# WHAT IS NEEDED
Before doing anything else, copy the entries below exactly.

# SOURCE MATERIAL
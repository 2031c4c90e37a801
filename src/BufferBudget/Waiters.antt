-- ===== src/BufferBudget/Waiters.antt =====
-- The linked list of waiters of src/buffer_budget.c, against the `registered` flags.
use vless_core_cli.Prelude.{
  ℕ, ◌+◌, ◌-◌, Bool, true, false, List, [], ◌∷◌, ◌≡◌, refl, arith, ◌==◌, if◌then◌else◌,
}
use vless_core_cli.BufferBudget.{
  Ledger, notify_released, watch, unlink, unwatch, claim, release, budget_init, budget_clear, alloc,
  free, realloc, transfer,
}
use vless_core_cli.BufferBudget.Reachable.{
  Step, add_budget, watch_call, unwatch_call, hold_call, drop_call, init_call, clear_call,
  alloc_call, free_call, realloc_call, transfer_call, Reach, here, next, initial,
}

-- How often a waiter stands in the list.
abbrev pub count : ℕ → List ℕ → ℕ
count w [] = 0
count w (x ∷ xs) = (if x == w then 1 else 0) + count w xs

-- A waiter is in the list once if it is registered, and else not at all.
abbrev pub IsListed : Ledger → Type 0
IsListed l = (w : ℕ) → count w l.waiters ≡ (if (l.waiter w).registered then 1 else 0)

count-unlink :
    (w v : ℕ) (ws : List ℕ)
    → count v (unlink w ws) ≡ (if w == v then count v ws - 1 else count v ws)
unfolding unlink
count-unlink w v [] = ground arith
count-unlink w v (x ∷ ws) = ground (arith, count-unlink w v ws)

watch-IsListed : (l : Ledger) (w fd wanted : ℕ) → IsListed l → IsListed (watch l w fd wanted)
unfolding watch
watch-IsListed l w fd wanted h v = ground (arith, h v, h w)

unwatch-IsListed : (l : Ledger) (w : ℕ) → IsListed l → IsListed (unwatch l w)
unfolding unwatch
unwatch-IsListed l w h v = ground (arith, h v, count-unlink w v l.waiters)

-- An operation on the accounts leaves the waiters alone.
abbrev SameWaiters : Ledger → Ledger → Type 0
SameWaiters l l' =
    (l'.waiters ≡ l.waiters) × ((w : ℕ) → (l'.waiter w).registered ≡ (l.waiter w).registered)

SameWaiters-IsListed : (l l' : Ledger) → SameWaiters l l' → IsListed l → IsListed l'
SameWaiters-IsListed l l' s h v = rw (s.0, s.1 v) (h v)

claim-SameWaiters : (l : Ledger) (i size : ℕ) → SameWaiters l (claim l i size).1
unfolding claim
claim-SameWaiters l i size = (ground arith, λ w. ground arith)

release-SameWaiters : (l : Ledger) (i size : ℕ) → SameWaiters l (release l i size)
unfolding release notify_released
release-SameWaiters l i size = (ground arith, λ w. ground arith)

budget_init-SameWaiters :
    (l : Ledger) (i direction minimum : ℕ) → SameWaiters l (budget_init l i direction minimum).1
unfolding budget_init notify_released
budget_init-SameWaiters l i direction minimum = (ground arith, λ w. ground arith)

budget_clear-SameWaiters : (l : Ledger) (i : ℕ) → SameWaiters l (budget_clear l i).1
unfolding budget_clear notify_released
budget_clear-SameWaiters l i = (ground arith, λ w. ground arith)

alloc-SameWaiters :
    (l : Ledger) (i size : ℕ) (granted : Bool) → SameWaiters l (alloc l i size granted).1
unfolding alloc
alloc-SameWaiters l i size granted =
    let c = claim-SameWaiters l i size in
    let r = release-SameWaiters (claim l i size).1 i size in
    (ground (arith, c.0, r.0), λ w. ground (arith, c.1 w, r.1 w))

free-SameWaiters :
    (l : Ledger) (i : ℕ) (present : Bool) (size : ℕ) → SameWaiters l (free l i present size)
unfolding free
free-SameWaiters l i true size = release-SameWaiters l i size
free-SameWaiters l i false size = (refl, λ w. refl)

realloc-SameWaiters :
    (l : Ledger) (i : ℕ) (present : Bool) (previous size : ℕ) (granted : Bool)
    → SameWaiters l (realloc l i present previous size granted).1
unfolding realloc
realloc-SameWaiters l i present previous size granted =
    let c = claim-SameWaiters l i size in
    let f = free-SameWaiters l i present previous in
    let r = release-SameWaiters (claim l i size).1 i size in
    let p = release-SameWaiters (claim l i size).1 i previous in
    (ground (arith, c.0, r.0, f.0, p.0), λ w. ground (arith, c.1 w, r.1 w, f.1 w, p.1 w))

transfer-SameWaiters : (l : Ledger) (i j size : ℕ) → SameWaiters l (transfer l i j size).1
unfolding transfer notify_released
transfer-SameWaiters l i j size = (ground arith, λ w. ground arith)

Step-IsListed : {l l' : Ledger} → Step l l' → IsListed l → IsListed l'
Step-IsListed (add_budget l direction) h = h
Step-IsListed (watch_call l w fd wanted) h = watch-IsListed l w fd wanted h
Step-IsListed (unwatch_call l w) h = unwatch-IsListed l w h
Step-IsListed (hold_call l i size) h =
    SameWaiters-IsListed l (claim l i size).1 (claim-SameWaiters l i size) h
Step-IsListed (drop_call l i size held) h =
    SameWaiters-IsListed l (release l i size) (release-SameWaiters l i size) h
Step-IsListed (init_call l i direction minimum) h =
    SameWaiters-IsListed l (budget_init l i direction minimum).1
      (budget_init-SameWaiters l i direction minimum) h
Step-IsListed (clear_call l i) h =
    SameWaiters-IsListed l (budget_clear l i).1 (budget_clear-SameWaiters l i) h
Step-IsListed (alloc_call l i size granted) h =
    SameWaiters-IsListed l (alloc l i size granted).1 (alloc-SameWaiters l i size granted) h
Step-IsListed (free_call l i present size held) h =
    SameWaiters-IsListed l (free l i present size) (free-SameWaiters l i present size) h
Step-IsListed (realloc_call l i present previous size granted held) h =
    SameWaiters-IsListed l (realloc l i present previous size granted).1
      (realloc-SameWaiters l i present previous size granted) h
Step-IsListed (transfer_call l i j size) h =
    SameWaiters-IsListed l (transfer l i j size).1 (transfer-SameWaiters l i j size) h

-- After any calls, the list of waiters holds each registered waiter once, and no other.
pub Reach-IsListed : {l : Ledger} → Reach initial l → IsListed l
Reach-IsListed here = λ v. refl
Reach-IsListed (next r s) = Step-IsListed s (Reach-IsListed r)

# COMPLETED TASK
repository 2031c4c90e37a801
filename src/BufferBudget/Waiters.antt
-- ===== src/BufferBudget/Waiters.antt =====
-- The linked list of waiters of src/buffer_budget.c, against the `registered` flags.
use vless_core_cli.Prelude.{
  ℕ, ◌+◌, ◌-◌, Bool, true, false, List, [], ◌∷◌, ◌≡◌, refl, arith, ◌==◌, if◌then◌else◌,
}
use vless_core_cli.BufferBudget.{
  Ledger, notify_released, watch, unlink, unwatch, claim, release, budget_init, budget_clear, alloc,
  free, realloc, transfer,
}
use vless_core_cli.BufferBudget.Reachable.{
  Step, add_budget, watch_call, unwatch_call, hold_call, drop_call, init_call, clear_call,
  alloc_call, free_call, realloc_call, transfer_call, Reach, here, next, initial,
}

-- How often a waiter stands in the list.
abbrev pub count : ℕ → List ℕ → ℕ
count w [] = 0
count w (x ∷ xs) = (if x == w then 1 else 0) + count w xs

-- A waiter is in the list once if it is registered, and else not at all.
abbrev pub IsListed : Ledger → Type 0
IsListed l = (w : ℕ) → count w l.waiters ≡ (if (l.waiter w).registered then 1 else 0)

count-unlink :
    (w v : ℕ) (ws : List ℕ)
    → count v (unlink w ws) ≡ (if w == v then count v ws - 1 else count v ws)
unfolding unlink
count-unlink w v [] = ground arith
count-unlink w v (x ∷ ws) = ground (arith, count-unlink w v ws)

watch-IsListed : (l : Ledger) (w fd wanted : ℕ) → IsListed l → IsListed (watch l w fd wanted)
unfolding watch
watch-IsListed l w fd wanted h v = ground (arith, h v, h w)

unwatch-IsListed : (l : Ledger) (w : ℕ) → IsListed l → IsListed (unwatch l w)
unfolding unwatch
unwatch-IsListed l w h v = ground (arith, h v, count-unlink w v l.waiters)

-- An operation on the accounts leaves the waiters alone.
abbrev SameWaiters : Ledger → Ledger → Type 0
SameWaiters l l' =
    (l'.waiters ≡ l.waiters) × ((w : ℕ) → (l'.waiter w).registered ≡ (l.waiter w).registered)

SameWaiters-IsListed : (l l' : Ledger) → SameWaiters l l' → IsListed l → IsListed l'
SameWaiters-IsListed l l' s h v = rw (s.0, s.1 v) (h v)

claim-SameWaiters : (l : Ledger) (i size : ℕ) → SameWaiters l (claim l i size).1
unfolding claim
claim-SameWaiters l i size = (ground arith, λ w. ground arith)

release-SameWaiters : (l : Ledger) (i size : ℕ) → SameWaiters l (release l i size)
unfolding release notify_released
release-SameWaiters l i size = (ground arith, λ w. ground arith)

budget_init-SameWaiters :
    (l : Ledger) (i direction minimum : ℕ) → SameWaiters l (budget_init l i direction minimum).1
unfolding budget_init notify_released
budget_init-SameWaiters l i direction minimum = (ground arith, λ w. ground arith)

budget_clear-SameWaiters : (l : Ledger) (i : ℕ) → SameWaiters l (budget_clear l i).1
unfolding budget_clear notify_released
budget_clear-SameWaiters l i = (ground arith, λ w. ground arith)

alloc-SameWaiters :
    (l : Ledger) (i size : ℕ) (granted : Bool) → SameWaiters l (alloc l i size granted).1
unfolding alloc
alloc-SameWaiters l i size granted =
    let c = claim-SameWaiters l i size in
    let r = release-SameWaiters (claim l i size).1 i size in
    (ground (arith, c.0, r.0), λ w. ground (arith, c.1 w, r.1 w))

free-SameWaiters :
    (l : Ledger) (i : ℕ) (present : Bool) (size : ℕ) → SameWaiters l (free l i present size)
unfolding free
free-SameWaiters l i true size = release-SameWaiters l i size
free-SameWaiters l i false size = (refl, λ w. refl)

realloc-SameWaiters :
    (l : Ledger) (i : ℕ) (present : Bool) (previous size : ℕ) (granted : Bool)
    → SameWaiters l (realloc l i present previous size granted).1
unfolding realloc
realloc-SameWaiters l i present previous size granted =
    let c = claim-SameWaiters l i size in
    let f = free-SameWaiters l i present previous in
    let r = release-SameWaiters (claim l i size).1 i size in
    let p = release-SameWaiters (claim l i size).1 i previous in
    (ground (arith, c.0, r.0, f.0, p.0), λ w. ground (arith, c.1 w, r.1 w, f.1 w, p.1 w))

transfer-SameWaiters : (l : Ledger) (i j size : ℕ) → SameWaiters l (transfer l i j size).1
unfolding transfer notify_released
transfer-SameWaiters l i j size = (ground arith, λ w. ground arith)

Step-IsListed : {l l' : Ledger} → Step l l' → IsListed l → IsListed l'
Step-IsListed (add_budget l direction) h = h
Step-IsListed (watch_call l w fd wanted) h = watch-IsListed l w fd wanted h
Step-IsListed (unwatch_call l w) h = unwatch-IsListed l w h
Step-IsListed (hold_call l i size) h =
    SameWaiters-IsListed l (claim l i size).1 (claim-SameWaiters l i size) h
Step-IsListed (drop_call l i size held) h =
    SameWaiters-IsListed l (release l i size) (release-SameWaiters l i size) h
Step-IsListed (init_call l i direction minimum) h =
    SameWaiters-IsListed l (budget_init l i direction minimum).1
      (budget_init-SameWaiters l i direction minimum) h
Step-IsListed (clear_call l i) h =
    SameWaiters-IsListed l (budget_clear l i).1 (budget_clear-SameWaiters l i) h
Step-IsListed (alloc_call l i size granted) h =
    SameWaiters-IsListed l (alloc l i size granted).1 (alloc-SameWaiters l i size granted) h
Step-IsListed (free_call l i present size held) h =
    SameWaiters-IsListed l (free l i present size) (free-SameWaiters l i present size) h
Step-IsListed (realloc_call l i present previous size granted held) h =
    SameWaiters-IsListed l (realloc l i present previous size granted).1
      (realloc-SameWaiters l i present previous size granted) h
Step-IsListed (transfer_call l i j size) h =
    SameWaiters-IsListed l (transfer l i j size).1 (transfer-SameWaiters l i j size) h

-- After any calls, the list of waiters holds each registered waiter once, and no other.
pub Reach-IsListed : {l : Ledger} → Reach initial l → IsListed l
Reach-IsListed here = λ v. refl
Reach-IsListed (next r s) = Step-IsListed s (Reach-IsListed r)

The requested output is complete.